I ran into an issue lately. I see that the monitoring machine is using a lot of CPU. I’m not a Debian expert (it is installed on debian), but i can see a lot of CPU is consumed by python /omd/sites/site/bin/cmk --keepalive --keepalive-fd=3. These processes are almost taking all the CPU power (4 Cores) from the machine.
I’m not monitoring a lot (under 3000 services) so i would like to know if this is normal, or what i can do to troubleshoot this.
Not the number of services is important. It is the number of hosts and your average runtime of all “check_mk” services.
If you make a quick count like this example.

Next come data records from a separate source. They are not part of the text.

-- ===== src/Engine/Runtime/Clear.antt =====
-- src/native_dsp_graph.rs: `Erase`, `DeletePulse` and `SetPulseFromLoop` in a well-formed engine.
use freewheeling_plus.Prelude.{
  ℕ, suc, ◌≤◌, ◌≡◌, refl, sym, ap, max, Bool, true, false, none, some, List, [], ◌∷◌, length,
  length-set, get_elem?, All, All-get, if◌then◌else◌, arith, Bool-cases, Option-cases, inl, inr,
  subst,
}
use freewheeling_plus.Prelude.Words.{u32_max}
use freewheeling_plus.Prelude.Floats.{Float32}
use freewheeling_plus.Engine.Command.{RuntimeCommand}
use freewheeling_plus.Engine.Blocks.{BlockPool}
use freewheeling_plus.Engine.Pulse.{PulseClock}
use freewheeling_plus.Engine.Pulse.Commands.{set_pulse_from_loop, delete_pulse}
use freewheeling_plus.Engine.Loop.{LoopSlot, capacity}
use freewheeling_plus.Engine.Runtime.{Engine, Recorder, put_loop, reject}
use freewheeling_plus.Engine.Runtime.Loops.{
  filled, is_slot, cleared, erase_slot, forget, erase, erase_synced, delete_pulse_loops,
  select_pulse,
}
use freewheeling_plus.Engine.Runtime.Valid.{
  IsLoop, IsEngine, put_loop-IsEngine, paid-IsEngine, changed-IsLoop,
}
use freewheeling_plus.Engine.Runtime.Change.{renewed-IsEngine, reject-IsEngine, filled-IsLoop}

-- What is forgotten was known.
forget_recording :
    (slot : ℕ) (r : Recorder) (i : ℕ) → (forget slot r).recording ≡ some i → r.recording ≡ some i
unfolding forget
forget_recording slot r i h = elim (Bool-cases (is_slot r.recording slot)) [
  | inl t ↦ absurd cc
  | inr t ↦ cc
]

forget_if :
    (b : Bool) (slot : ℕ) (r : Recorder) (i : ℕ)
    → (if b then forget slot r else r).recording ≡ some i
    → r.recording ≡ some i
forget_if true slot r i h = forget_recording slot r i h
forget_if false slot r i h = h

module _ (f : Float32) (P : BlockPool f.F) where
  open f use {F}
  open P use {Pool, IsPool, release_blocks}

  -- A loop without frames, with the blocks that could not be given back.
  erase_slot-IsLoop :
      (p : Pool) (s : LoopSlot F)
      → IsPool p
      → IsLoop s
      → IsPool (erase_slot f P p s).0 × IsLoop (erase_slot f P p s).1
  unfolding erase_slot cleared capacity
  erase_slot-IsLoop p s v w = (
    P.release_blocks-IsPool p s.blocks v w.roomy.formed.blocks_formed,
    record {
      roomy = record {
        formed = record {
          blocks_formed = P.release_blocks-IsBlock p s.blocks w.roomy.formed.blocks_formed;
          channels = w.roomy.formed.channels;
        };
        offset_fits = omega arith;
        fits = omega arith;
        short = omega arith;
      };
      placed = λ h. h;
    },
  )

  pub erase_found :
      (e : Engine P) (command : RuntimeCommand F) (slot : ℕ) (s : LoopSlot F)
      → get_elem? e.loops slot ≡ some s
      → erase f P e command slot
        ≡ put_loop
            (record e {
              recorder = forget slot e.recorder;
              loop_storage = (erase_slot f P e.loop_storage s).0;
            })
            slot
            (erase_slot f P e.loop_storage s).1
  unfolding erase
  erase_found e command slot s h = rw (h, erase) refl

  pub erase_missing :
      (e : Engine P) (command : RuntimeCommand F) (slot : ℕ)
      → get_elem? e.loops slot ≡ none
      → erase f P e command slot ≡ reject (record e { recorder = forget slot e.recorder }) command
  unfolding erase
  erase_missing e command slot h = rw (h, erase) refl

  forgot-IsEngine :
      (e : Engine P) (slot : ℕ)
      → IsEngine e
      → IsEngine (record e { recorder = forget slot e.recorder })
  forgot-IsEngine e slot v =
      renewed-IsEngine e e.clock (forget slot e.recorder) v
        (λ i h. v.recorded i (forget_recording slot e.recorder i h)) v.phase_fits

  pub erase-IsEngine :
      (e : Engine P) (command : RuntimeCommand F) (slot : ℕ)
      → IsEngine e
      → IsEngine (erase f P e command slot)
  erase-IsEngine e command slot v = elim (Option-cases (get_elem? e.loops slot)) [
    | inl n ↦
        subst IsEngine (sym (erase_missing e command slot n))
          (reject-IsEngine _ command (forgot-IsEngine e slot v))
    | inr s ↦
        let k =
          erase_slot-IsLoop e.loop_storage s.0 v.pool_valid
            (All-get IsLoop e.loops slot s.0 v.loops_valid s.1) in
        let p = (erase_slot f P e.loop_storage s.0).0 in
        subst IsEngine (sym (erase_found e command slot s.0 s.1))
          (put_loop-IsEngine _ slot _ (paid-IsEngine _ p (forgot-IsEngine e slot v) k.0) k.1)
  ]

  erase_if :
      (b : Bool) (p : Pool) (s : LoopSlot F)
      → IsPool p
      → IsLoop s
      → IsPool (if b then erase_slot f P p s else (p, s)).0
        × IsLoop (if b then erase_slot f P p s else (p, s)).1
  erase_if true p s v w = erase_slot-IsLoop p s v w
  erase_if false p s v w = (v, w)

  -- What the loop over the loops of the pulse leaves.
  erase_synced_kept :
      (index : ℕ) (p : Pool) (r : Recorder) (ss : List (LoopSlot F))
      → IsPool p
      → All IsLoop ss
      → IsPool (erase_synced f P index p r ss).0
        × All IsLoop (erase_synced f P index p r ss).2
        × (length (erase_synced f P index p r ss).2 ≡ length ss)
        × ((i : ℕ) → (erase_synced f P index p r ss).1.recording ≡ some i → r.recording ≡ some i)
  unfolding erase_synced
  erase_synced_kept index p r [] v w = (v, tt, refl, λ i h. h)
  erase_synced_kept index p r (s ∷ ss) v w =
      let k = erase_if s.pulse_synced p s v w.0 in
      let gone = if s.pulse_synced then erase_slot f P p s else (p, s) in
      let forgotten = if s.pulse_synced then forget index r else r in
      let rest = erase_synced_kept (suc index) gone.0 forgotten ss k.0 w.1 in
      (rest.0, (k.1, rest.1), ap suc rest.2, λ i h. forget_if s.pulse_synced index r i (rest.3 i h))

  pub delete_pulse_loops-IsEngine :
      (e : Engine P) → IsEngine e → IsEngine (delete_pulse_loops f P e)
  unfolding delete_pulse_loops delete_pulse
  delete_pulse_loops-IsEngine e v =
      let k = erase_synced_kept 0 e.loop_storage e.recorder e.loops v.pool_valid v.loops_valid in
      record {
        pool_valid = k.0;
        loops_valid = k.1;
        recorded = λ i h. omega (arith, v.recorded i (k.3 i h), k.2);
        phase_fits = v.phase_fits;
        history_level = v.history_level;
        history_fits = v.history_fits;
        transfers_valid = v.transfers_valid;
      }

  set_pulse_from_loop_fits :
      (c : PulseClock) (len position : ℕ)
      → (set_pulse_from_loop c len position).pulse_position ≤ u32_max
  unfolding set_pulse_from_loop
  set_pulse_from_loop_fits c len position = omega arith

  pub select_found :
      (e : Engine P) (command : RuntimeCommand F) (slot : ℕ) (s : LoopSlot F)
      → e.clock.pulse_sync_active ≡ false
      → filled e.loops slot ≡ some s
      → select_pulse f P e command slot
        ≡ record (put_loop e slot (record s {
          pulse_synced = true;
          pulse_beats = max e.clock.pulse_subdivide 1;
          capture_alignment_frames = 0;
          boundary_fade_position = none;
        })) { clock = set_pulse_from_loop e.clock s.len s.position }
  unfolding select_pulse
  select_found e command slot s off h = cc

  pub select_active :
      (e : Engine P) (command : RuntimeCommand F) (slot : ℕ)
      → e.clock.pulse_sync_active ≡ true
      → select_pulse f P e command slot ≡ e
  unfolding select_pulse
  select_active e command slot on = cc

  pub select_missing :
      (e : Engine P) (command : RuntimeCommand F) (slot : ℕ)
      → e.clock.pulse_sync_active ≡ false
      → filled e.loops slot ≡ none
      → select_pulse f P e command slot ≡ reject e command
  unfolding select_pulse
  select_missing e command slot off h = cc

  pub select_pulse-IsEngine :
      (e : Engine P) (command : RuntimeCommand F) (slot : ℕ)
      → IsEngine e
      → IsEngine (select_pulse f P e command slot)
  unfolding put_loop
  select_pulse-IsEngine e command slot v = elim (Bool-cases e.clock.pulse_sync_active) [
    | inl on ↦ subst IsEngine (sym (select_active e command slot on)) v
    | inr off ↦ elim (Option-cases (filled e.loops slot)) [
      | inl n ↦
          subst IsEngine (sym (select_missing e command slot off n)) (reject-IsEngine e command v)
      | inr s ↦
          let found = filled-IsLoop e slot s.0 v s.1 in
          let t : LoopSlot F = record s.0 {
            pulse_synced = true;
            pulse_beats = max e.clock.pulse_subdivide 1;
            capture_alignment_frames = 0;
            boundary_fade_position = none;
          } in
          let changed =
            changed-IsLoop s.0 t found.2
              (record {
                left = refl;
                right = refl;
                blocks = refl;
                data_offset = refl;
                len = omega arith;
              })
              found.2.placed in
          subst IsEngine (sym (select_found e command slot s.0 off s.1)) (
            renewed-IsEngine (put_loop e slot t) (set_pulse_from_loop e.clock s.0.len s.0.position)
              e.recorder (put_loop-IsEngine e slot t v changed)
              (λ i h. omega (arith, v.recorded i h, length-set e.loops slot t))
              (set_pulse_from_loop_fits e.clock s.0.len s.0.position))
    ]
  ]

100 hosts with a average runtime of 1 seconds for the “check_mk” service and 1 minute check interval
=> 100 seconds CPU time needed
with 4 CPU’s you have 240 seconds CPU time available per minute and all should run smoothly.
This is a very rough calculation. But it gives a first impression if the system is overloaded or not.

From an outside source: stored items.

-- ===== src/Engine/Runtime/Copy.antt =====
-- src/native_dsp_graph.rs: `copy_range_to` copies the frames of a loop.
use freewheeling_plus.Prelude.{
  ℕ, zero, suc, ◌+◌, ◌≤◌, ◌<◌, ◌≡◌, ◌≢◌, refl, sym, ◌∙◌, subst, true, ◌&&◌, some, ltb, length,
  length-set, set, get_elem?, get_elem?-set_self, get_elem?-set_ne, arith, dec_lt,
}
use freewheeling_plus.Prelude.Options.{◌>>=◌}
use freewheeling_plus.Engine.Transfer.{StereoTransfer}
use freewheeling_plus.Engine.Loop.{LoopSlot, capacity, sample_at, stereo_at}
use freewheeling_plus.Engine.Loop.Samples.{IsStored, sample_at-lt}
use freewheeling_plus.Engine.Runtime.Pcm.{copy_range}

module _ {F : Type 0} where
  -- The first `n` frames of the vectors are those of the loop.
  unfoldable pub HasFrames : LoopSlot F → ℕ → StereoTransfer F → Type 0
  HasFrames s n pcm = (i : ℕ) → i < n → stereo_at pcm.left pcm.right i ≡ sample_at s i

  pub record IsCopied (s : LoopSlot F) (n : ℕ) (pcm q : StereoTransfer F) : Type 0 where
    pub frames : HasFrames s n q
    pub same_left : length q.left ≡ length pcm.left
    pub same_right : length q.right ≡ length pcm.right
    pub same_len : q.len ≡ pcm.len

  write_at : StereoTransfer F → ℕ → F × F → StereoTransfer F
  write_at pcm i x = record pcm { left = set pcm.left i x.0; right = set pcm.right i x.1 }

  write_at_kept :
      (pcm : StereoTransfer F) (i : ℕ) (x : F × F)
      → (length (write_at pcm i x).left ≡ length pcm.left)
        × (length (write_at pcm i x).right ≡ length pcm.right)
        × ((write_at pcm i x).len ≡ pcm.len)
  unfolding write_at
  write_at_kept pcm i x = (length-set pcm.left i x.0, length-set pcm.right i x.1, refl)

  write_at-HasFrames :
      (s : LoopSlot F) (n : ℕ) (pcm : StereoTransfer F) (x : F × F)
      → HasFrames s n pcm
      → sample_at s n ≡ some x
      → n < length pcm.left
      → n < length pcm.right
      → HasFrames s (suc n) (write_at pcm n x)
  unfolding HasFrames write_at stereo_at
  write_at-HasFrames s n pcm x h e l r i b = elim (dec_lt i n) [
    | yes lt ↦
        let ne : n ≢ i = λ p. absurd (omega (arith, lt, p)) in
        rw (get_elem?-set_ne pcm.left x.0 ne) (rw (get_elem?-set_ne pcm.right x.1 ne) (h i lt))
    | no ge ↦
        let same : n ≡ i = omega arith in
        subst
          (λ (k : ℕ).
            (do
              a ← get_elem? (set pcm.left n x.0) k
              b ← get_elem? (set pcm.right n x.1) k
              some (a, b))
            ≡ sample_at s k)
          same
          (rw (get_elem?-set_self pcm.left n x.0 l)
            (rw (get_elem?-set_self pcm.right n x.1 r) (sym e)))
  ]

  pub copy_range-IsCopied :
      (n cursor : ℕ) (s : LoopSlot F) (pcm : StereoTransfer F)
      → IsStored s
      → HasFrames s cursor pcm
      → cursor + n ≤ capacity s
      → cursor + n ≤ length pcm.left
      → length pcm.left ≡ length pcm.right
      → (q : StereoTransfer F) × (copy_range n cursor s pcm ≡ some q)
        × IsCopied s (cursor + n) pcm q
  unfolding copy_range HasFrames write_at
  copy_range-IsCopied zero cursor s pcm v h c l e = (
    pcm,
    refl,
    record {
      frames = λ i b. h i (omega (arith, b));
      same_left = refl;
      same_right = refl;
      same_len = refl;
    },
  )
  copy_range-IsCopied (suc n) cursor s pcm v h c l e =
      let x = sample_at-lt s cursor v (omega (arith, c)) in
      let w = write_at pcm cursor x.0 in
      let k = write_at_kept pcm cursor x.0 in
      let both : (ltb cursor (length pcm.left) && ltb cursor (length pcm.right)) ≡ true =
        ground (arith, l, e) in
      let rest =
        copy_range-IsCopied n (suc cursor) s w v
          (write_at-HasFrames s cursor pcm x.0 h x.1 (omega (arith, l)) (omega (arith, l, e)))
          (omega (arith, c)) (omega (arith, l, k.0)) (k.0 ∙ (e ∙ sym k.1)) in
      (
        rest.0,
        rw x.1 (rw both rest.1),
        record {
          frames = λ i b. rest.2.frames i (omega (arith, b));
          same_left = rest.2.same_left ∙ k.0;
          same_right = rest.2.same_right ∙ k.1;
          same_len = rest.2.same_len ∙ k.2;
        },
      )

Thanks. I have 97 hosts and 4 CPU’s. So that should be enough is my first thought. I do not changed the check interval, except for a few hosts where i did change the ‘check interval for service checks’ to a less more frequency.
Basically I agree. But aren’t they just blocking one of the 20 helper processes that run in parallel to query the hosts?
(Btw: I never know which of these do what and the bubble help doesn’t help either. I mean, the Check_MK agent is an active check but I thought the default settings mean that 20 hosts are queried in parallel.)
I have 2 devices which has almost 300 seconds (remote switches on a highly utilized connection). It are SNMP devices, maybe i can tune that better. But when i do not monitor these devices, my CPU is still 100%?
The maximum concurrent checks are default (20 and 5).
I can agree on this. I used the “micro core statistics”, “Analyze configuration” and stale service to pin down if CheckMK is running good.
Micro core statistics
Can be found if you go down to the left of you screen to “Add snapin to the sidebar” and select “micro core statistics”
There you view the average latency of you check en Check_MK latency. Next to the check helper and Check_MK helper.
Analyze configuration can we found in you list of “Wato - configuration”
stale service overview can be found top left of your screen in the tactical overview
This way I found out that I had to increase the number of concurrent or move checks to other site. Specially for SNMP checks they can take a while before the SNMP-walk is finished. Increasing helper will increase you memory but decrease CPU usages.
My micro core statistics currently with one snmp device stale:
I can’t see what i can do to decrease my CPU? I have a few SNMP devices on another site which are unreachable a lot for the monitoring (they are up, but monitoring can’t smartping them and they becoming stale). Should i temporarily stop monitoring this hosts to check if this is the reason of my high CPU?